Coccidiosis is an avian intestinal disease caused by several distinct species of Eimeria parasites that damage the host’s intestinal system, resulting in poor nutrition absorption, reduced growth, and often death. Increasing evidence from recent studies indicates that immune-based strategies such as the use of recombinant vaccines and various dietary immunomodulating feed additives can improve host defense against intracellular parasitism and reduce intestinal damage due to inflammatory responses induced by parasites. Therefore, a comprehensive understanding of the complex interactions between the host immune system, gut microbiota, enteroendocrine system, and parasites that contribute to the outcome of coccidiosis is necessary to develop logical strategies to control coccidiosis in the post-antibiotic era.

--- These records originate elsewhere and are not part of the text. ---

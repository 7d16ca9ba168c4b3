-- ===== src/Http/Request.antt =====
-- The structs of proxy_parse.h.
use computer_network.Prelude.{ℕ, List, Option}

-- A string of C, the terminating NUL left out.
abbrev pub Bytes : Type 0
Bytes = List ℕ

-- struct ParsedHeader; `keylen` and `valuelen` are one more than the lengths, and never read.
pub record Header : Type 0 where
  pub key : Bytes
  pub value : Bytes

-- What the pointers of struct ParsedRequest into `buf` point to, once the request line is parsed.
pub record RequestLine : Type 0 where
  pub method : Bytes
  pub protocol : Bytes
  pub host : Bytes
  pub port : Option Bytes
  pub path : Bytes
  pub version : Bytes

-- struct ParsedRequest. `line` is none where `buf` is NULL. `headers` are the slots in use, none
-- where the key is NULL; `headerslen` is how many slots are allocated.
pub record ParsedRequest : Type 0 where
  pub line : Option RequestLine
  pub headers : List (Option Header)
  pub headerslen : ℕ
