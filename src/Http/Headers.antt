-- ===== src/Http/Headers.antt =====
-- The header table of proxy_parse.c.
pub mod Table
pub mod Refine
use computer_network.Prelude.{
  ℕ, ◌+◌, ◌*◌, Bool, true, false, List, [], ◌∷◌, ◌++◌, Option, none, some, length, ltb, leb,
  bytes_eq, if◌then◌else◌,
}
use computer_network.Prelude.Result.{Result, guard, ok, ◌>>◌, out_of_bounds}
use computer_network.Http.Request.{Bytes, Header, RequestLine, ParsedRequest}

-- DEFAULT_NHDRS
abbrev pub default_nhdrs : ℕ
default_nhdrs = 8

-- The walk over the slots of ParsedHeader_get.
unfoldable pub find_header : Bytes → List (Option Header) → Option Header
find_header key [] = none
find_header key (none ∷ hs) = find_header key hs
find_header key (some h ∷ hs) = if bytes_eq h.key key then some h else find_header key hs

unfoldable pub parsed_header_get : ParsedRequest → Bytes → Option Header
parsed_header_get pr key = find_header key pr.headers

-- `tmp->key = NULL` in the slot that the walk finds.
unfoldable pub clear_header : Bytes → List (Option Header) → List (Option Header)
clear_header key [] = []
clear_header key (none ∷ hs) = none ∷ clear_header key hs
clear_header key (some h ∷ hs) =
    if bytes_eq h.key key then none ∷ hs else some h ∷ clear_header key hs

-- False is -1.
unfoldable pub parsed_header_remove : ParsedRequest → Bytes → Bool × ParsedRequest
parsed_header_remove pr key = elim (parsed_header_get pr key) [
  | none ↦ (false, pr)
  | some h ↦ (true, record pr { headers = clear_header key pr.headers })
]

-- The new slot is written behind those in use. realloc succeeds.
unfoldable pub parsed_header_set : ParsedRequest → Bytes → Bytes → Result ParsedRequest
parsed_header_set pr key value =
    let hs = (parsed_header_remove pr key).1.headers in
    let headerslen =
      if leb pr.headerslen (length hs + 1) then pr.headerslen * 2 else pr.headerslen in
    do
      guard (ltb (length hs) headerslen) out_of_bounds
      ok (record pr {
        headers = hs ++ some (record { key = key; value = value }) ∷ [];
        headerslen = headerslen;
      })

-- ParsedRequest_create with ParsedHeader_create.
unfoldable pub parsed_request_create : ParsedRequest
parsed_request_create = record { line = none; headers = []; headerslen = default_nhdrs }

-- ParsedHeader_destroy
unfoldable pub parsed_header_destroy : ParsedRequest → ParsedRequest
parsed_header_destroy pr = record pr { headers = []; headerslen = 0 }
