-- ===== src/Http/Headers/Table.antt =====
-- One header for a key at most, and room for one more slot.
use computer_network.Prelude.{
  ◌<◌, ◌≡◌, ◌↔◌, refl, true, List, [], ◌∷◌, ◌++◌, Option, none, some, arith, length, bytes_eq,
  bytes_eq_refl, eq_of_bytes_eq, if◌then◌else◌,
}
use computer_network.Http.Request.{Bytes, Header, ParsedRequest}
use computer_network.Http.Headers.{find_header, clear_header}

-- No two slots hold one key.
abbrev pub Distinct : List (Option Header) → Type 0
Distinct [] = Unit {0}
Distinct (none ∷ hs) = Distinct hs
Distinct (some h ∷ hs) = (find_header h.key hs ≡ none) × Distinct hs

pub record IsTable (pr : ParsedRequest) : Type 0 where
  pub distinct : Distinct pr.headers
  pub room : length pr.headers < pr.headerslen

pub bytes_eq_iff : (a b : Bytes) → (bytes_eq a b ≡ true) ↔ (a ≡ b)
bytes_eq_iff a b = (eq_of_bytes_eq a b, λ e. rw e (bytes_eq_refl b))

pub find_header-clear_header :
    (k j : Bytes) (hs : List (Option Header))
    → Distinct hs
    → find_header j (clear_header k hs) ≡ (if bytes_eq k j then none else find_header j hs)
unfolding find_header clear_header
find_header-clear_header k j [] d = ground arith
find_header-clear_header k j (none ∷ hs) d = find_header-clear_header k j hs d
find_header-clear_header k j (some h ∷ hs) d = ground (
  arith,
  bytes_eq_iff h.key k,
  bytes_eq_iff h.key j,
  bytes_eq_iff k j,
  find_header-clear_header k j hs d.1,
)

pub find_header-append :
    (j : Bytes) (h : Header) (hs : List (Option Header))
    → find_header j (hs ++ some h ∷ []) ≡ elim (find_header j hs) [
      | none ↦ if bytes_eq h.key j then some h else none
      | some g ↦ some g
    ]
unfolding find_header
find_header-append j h [] = refl
find_header-append j h (none ∷ hs) = find_header-append j h hs
find_header-append j h (some g ∷ hs) = ground (arith, find_header-append j h hs)

pub Distinct-clear_header :
    (k : Bytes) (hs : List (Option Header)) → Distinct hs → Distinct (clear_header k hs)
unfolding clear_header
Distinct-clear_header k [] d = tt
Distinct-clear_header k (none ∷ hs) d = Distinct-clear_header k hs d
Distinct-clear_header k (some h ∷ hs) d =
    ground (arith, Distinct-clear_header k hs d.1, find_header-clear_header k h.key hs d.1)

pub Distinct-append :
    (h : Header) (hs : List (Option Header))
    → Distinct hs
    → find_header h.key hs ≡ none
    → Distinct (hs ++ some h ∷ [])
unfolding find_header
Distinct-append h [] d e = (refl, tt)
Distinct-append h (none ∷ hs) d e = Distinct-append h hs d e
Distinct-append h (some g ∷ hs) d e = ground (
  arith,
  Distinct-append h hs d.1,
  find_header-append g.key h hs,
  bytes_eq_iff g.key h.key,
  bytes_eq_iff h.key g.key,
)

pub length-clear_header :
    (k : Bytes) (hs : List (Option Header)) → length (clear_header k hs) ≡ length hs
unfolding clear_header
length-clear_header k [] = refl
length-clear_header k (none ∷ hs) = omega (arith, length-clear_header k hs)
length-clear_header k (some h ∷ hs) = ground (arith, length-clear_header k hs)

Most important for vaccine development is the need to understand the protective role of the local intestinal immune response and the identification of various effector molecules which mediate anti-coccidial activity against intracellular parasites. This review summarizes the current understanding of the host immune response to coccidiosis in poultry and discusses various non-antibiotic strategies which are being developed for coccidiosis control. A better understanding of the basic immunobiology of pertinent host–parasite interactions in avian coccidiosis will facilitate the development of effective anti-Eimeria strategies to mitigate the negative effects of coccidiosis.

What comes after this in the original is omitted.